Note, the two OCP Clusters have to be setup with different Service/Podnetwork ranges to identify the response easily. (172.30 and 172.40)
# cat <<EOF> multi-traffic.sh
while /bin/true ; do
curl -sk https://mockbin.apps.east.example.com/tracefwd \
-H 'Content-Type: application/json' \
-d '[{"url":"http://west.west:8080","method":"GET","headers":{}}]' | \
jq -r | jq -r '.response.env.WEST_SERVICE_HOST' | \
grep -q '172.40' && echo "remote" || echo "local"
sleep .1
done
EOF
Executing the script will return the response of local or remote based upon the IP Address found in the kubernetes environment WEST_SERVICE_HOST of each deployment.
# sh multi-traffic.sh
local
local
remote
remote
remote
remote
remote
local
local
Now lets terminate the service on the east cluster while continue to execute the multi-traffic.sh script.
# oc --context east -n west scale --replicas=0 deploy/west
the script should immediately only return the remote response afterwards
local
remote
local
remote
remote
remote
local
local
remote
remote
remote
remote
remote
remote
remote
...
scaling the service back up will take it in to the loop again without further action
# oc --context east -n west scale --replicas=1 deploy/west
and if we terminate the west cluster service instead ?

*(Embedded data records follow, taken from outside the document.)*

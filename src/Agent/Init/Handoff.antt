-- ===== src/Agent/Init/Handoff.antt =====
-- src/operator/controllers/workspace.rs with src/agent/init.rs: the source that the operator hands to
-- the init container of a workspace.
use pulumi_rs_kube_operator.Base.{
  Bool, Option, none, some, List, [], ◌∷◌, ◌++◌, append_assoc, Text, text, text_eq, ◌≡◌, refl, sym,
  if◌then◌else◌,
}
use pulumi_rs_kube_operator.Api.Stack.{Stack, FluxSource}
use pulumi_rs_kube_operator.Controllers.Workspaces.{
  EnvVar, optional_var, git_reference, git_of, flux_of, git_vars, flux_vars, fetch_env,
  build_workspace_spec,
}
use pulumi_rs_kube_operator.Agent.Init.{
  InitSource, git_source, program_source, local_source, determine_source_from_env,
}

-- The value of a variable in a container with these variables.
unfoldable pub value_of : List EnvVar → Text → Option Text
value_of [] name = none
value_of (v ∷ vs) name = if text_eq v.name name then v.value else value_of vs name

abbrev pub source_of : List EnvVar → InitSource
source_of vars = determine_source_from_env (value_of vars)

git_handoff :
    (repo : Text) (ref dir : Option Text) (shallow : Bool) (rest : List EnvVar)
    → value_of rest (text "GIT_REVISION") ≡ none
    → value_of rest (text "GIT_DIR") ≡ none
    → source_of (
        git_vars (some (record { url = some repo; git_ref = ref; dir = dir; shallow = shallow }))
        ++ rest)
      ≡ git_source repo ref dir
unfolding determine_source_from_env value_of git_vars optional_var text_eq text
git_handoff repo none none sh rest r d = rw (r, d) refl
git_handoff repo none (some dir) sh rest r d = rw r refl
git_handoff repo (some ref) none sh rest r d = rw d refl
git_handoff repo (some ref) (some dir) sh rest r d = refl

-- The variables of a Flux source, which has no address, and of a Program.
abbrev other_vars : Option (Option Text) → Option Text → List EnvVar
other_vars none program_url = [] ++ optional_var (text "PROGRAM_URL") program_url
other_vars (some dir) program_url =
    optional_var (text "FLUX_URL") none
    ++ optional_var (text "FLUX_DIGEST") none
    ++ optional_var (text "FLUX_DIR") dir
    ++ optional_var (text "PROGRAM_URL") program_url

-- They name neither a revision nor a directory for git.
others_silent :
    (flux : Option (Option Text)) (p : Option Text)
    → (value_of (other_vars flux p) (text "GIT_REVISION") ≡ none)
      × (value_of (other_vars flux p) (text "GIT_DIR") ≡ none)
unfolding value_of optional_var text_eq text
others_silent none none = (refl, refl)
others_silent none (some url) = (refl, refl)
others_silent (some none) none = (refl, refl)
others_silent (some none) (some url) = (refl, refl)
others_silent (some (some dir)) none = (refl, refl)
others_silent (some (some dir)) (some url) = (refl, refl)

-- The source without git: a Program's, if there is one.
abbrev pub without_git : Option Text → InitSource
without_git none = local_source
without_git (some url) = program_source url

others_handoff :
    (flux : Option (Option Text)) (p : Option Text) → source_of (other_vars flux p) ≡ without_git p
unfolding determine_source_from_env value_of optional_var text_eq text
others_handoff none none = refl
others_handoff none (some url) = refl
others_handoff (some none) none = refl
others_handoff (some none) (some url) = refl
others_handoff (some (some dir)) none = refl
others_handoff (some (some dir)) (some url) = refl

abbrev dir_of : Option FluxSource → Option (Option Text)
dir_of none = none
dir_of (some fs) = some fs.dir

rest_vars :
    (flux : Option FluxSource) (p : Option Text)
    → flux_vars (flux_of flux) ++ optional_var (text "PROGRAM_URL") p ≡ other_vars (dir_of flux) p
unfolding flux_vars flux_of
rest_vars none p = refl
rest_vars (some fs) p = refl

-- What is cloned: the branch that the stack names, or the commit if it names no branch.
abbrev pub revision_of : (branch commit : Option Text) → Option Text
revision_of (some branch) commit = some branch
revision_of none commit = commit

-- What the init container is told to fetch for a stack.
abbrev pub expected : Stack → (repo program_url : Option Text) → InitSource
expected stack none program_url = without_git program_url
expected stack (some repo) program_url =
    git_source repo (revision_of stack.spec.branch stack.spec.commit) stack.spec.repo_dir

git_reference-revision :
    (branch commit : Option Text) → git_reference branch commit ≡ revision_of branch commit
unfolding git_reference
git_reference-revision none none = refl
git_reference-revision none (some c) = refl
git_reference-revision (some b) none = refl
git_reference-revision (some b) (some c) = refl

handoff :
    (stack : Stack) (repo : Option Text) (flux : Option FluxSource) (p : Option Text)
    → source_of (
        git_vars (git_of stack repo)
        ++ (flux_vars (flux_of flux) ++ optional_var (text "PROGRAM_URL") p))
      ≡ expected stack repo p
unfolding git_of git_vars
handoff stack none flux p = rw (rest_vars flux p) (others_handoff (dir_of flux) p)
handoff stack (some repo) flux p =
    let (r, d) = others_silent (dir_of flux) p in
    rw (rest_vars flux p, sym (git_reference-revision stack.spec.branch stack.spec.commit))
      (git_handoff repo _ stack.spec.repo_dir stack.spec.shallow (other_vars (dir_of flux) p) r d)

-- The init container of the workspace that is made of a stack is told to clone the repository of the
-- stack, with its branch as the revision, or with its commit if it names no branch; or else to take
-- the Program; a stack with neither, as one with a Flux source, has it take no source at all.
pub fetch_env-handoff :
    (stack : Stack) (program_url : Option Text)
    → source_of (fetch_env (build_workspace_spec stack) program_url)
      ≡ expected stack stack.spec.project_repo program_url
unfolding fetch_env build_workspace_spec
fetch_env-handoff stack program_url =
    rw
      (append_assoc (git_vars (git_of stack stack.spec.project_repo))
        (flux_vars (flux_of stack.spec.flux_source))
        (optional_var (text "PROGRAM_URL") program_url))
      (handoff stack stack.spec.project_repo stack.spec.flux_source program_url)
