-- ===== src/Agent/Process/Bounds.antt =====
-- src/agent/server.rs, `run_pulumi_streaming`: how much of the output is kept.
use pulumi_rs_kube_operator.Base.{
  ℕ, ◌+◌, ◌≤◌, List, [], ◌∷◌, ◌++◌, Text, length, length-append, ltb, ltb→lt, arith, if_elim,
}
use pulumi_rs_kube_operator.Agent.Redact.{newline}
use pulumi_rs_kube_operator.Agent.Process.{
  max_output_bytes, Json, Process, unspawned, cancelled, ended, push_line, collect_lines,
  run_pulumi_streaming,
}

-- Every line has at most `n` bytes.
abbrev pub AllBelow : ℕ → List Text → Type 0
AllBelow n [] = Unit {0}
AllBelow n (l ∷ ls) = (length l ≤ n) × AllBelow n ls

push_line-le :
    (n : ℕ) (acc line : Text)
    → length acc ≤ max_output_bytes + n
    → length line ≤ n
    → length (push_line acc line) ≤ max_output_bytes + n
unfolding push_line
push_line-le n acc line a l =
    if_elim (λ t. length t ≤ max_output_bytes + n) (ltb (length acc) max_output_bytes)
      {x = acc ++ line ++ newline ∷ []} {y = acc}
      (λ below.
        let b = ltb→lt (length acc) max_output_bytes below in
        let one = length-append acc line in
        let all = length-append (acc ++ line) (newline ∷ []) in omega (arith, b, one, all, l))
      (λ _. a)

collect_lines-le :
    (n : ℕ) (acc : Text) (ls : List Text)
    → length acc ≤ max_output_bytes + n
    → AllBelow n ls
    → length (collect_lines acc ls) ≤ max_output_bytes + n
unfolding collect_lines
collect_lines-le n acc [] a tt = a
collect_lines-le n acc (l ∷ ls) a (b, bs) =
    collect_lines-le n (push_line acc l) ls (push_line-le n acc l a b) bs

-- The lines that a process writes to its output.
abbrev pub stdout_lines : Process → List Text
stdout_lines (unspawned message) = []
stdout_lines (cancelled out) = out
stdout_lines (ended out errors success) = out

-- The output that is kept of a process passes the limit of 16 MiB by no more than its longest line.
pub run_pulumi_streaming-le :
    (json : Json) (p : Process) (n : ℕ)
    → AllBelow n (stdout_lines p)
    → length (run_pulumi_streaming json p).stdout ≤ max_output_bytes + n
unfolding run_pulumi_streaming
run_pulumi_streaming-le json (unspawned message) n b = omega arith
run_pulumi_streaming-le json (cancelled out) n b = collect_lines-le n [] out (omega arith) b
run_pulumi_streaming-le json (ended out errors success) n b =
    collect_lines-le n [] out (omega arith) b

# oc --context west -n west scale --replicas=0 deploy/west
it will return only the east cluster resources transparently
local
remote
remote
local
local
local
local
local
local
local
local
...
We will now borrow one request from the generate-traffic.sh script to execute a call spawning all services from both clusters.
Note the traceid will be different in your request
# curl -ks https://mockbin.apps.east.example.com/tracefwd \
-H 'Content-Type: application/json' \
-d '[{"url":"http://west.west.svc.cluster.local:8080/tracefwd","method":"GET","headers":{}},{"url":"http://productpage.bookinfo:9080/productpage","method":"GET","headers":{}}]'
That command will return with the output of the productpage from the bookinfo app and in the very end it will as well print the generated traceid.
</body>\n</html>\n","status":"OK","traceid":"54551b4d013cad729c9f908925b05c65"},"status":"OK","traceid":"54551b4d013cad729c9f908925b05c65"}
Open up the Jaeger UI in both clusters to see the difference of content as the east cluster lacks all traces happening in the west cluster but the west cluster has east cluster traces due to federating the service.
All in all, the current versions of Red Hat Openshift, Red Hat OpenShift distributed tracing platform, Red Hat OpenShift Service Mesh do provide a lot of flexibility and integration for multi-cluster setups. We will hopefully see those as Developer preview soon and if you have followed along until here, please share your issue and improvements with the community to improve the great experience that's already available.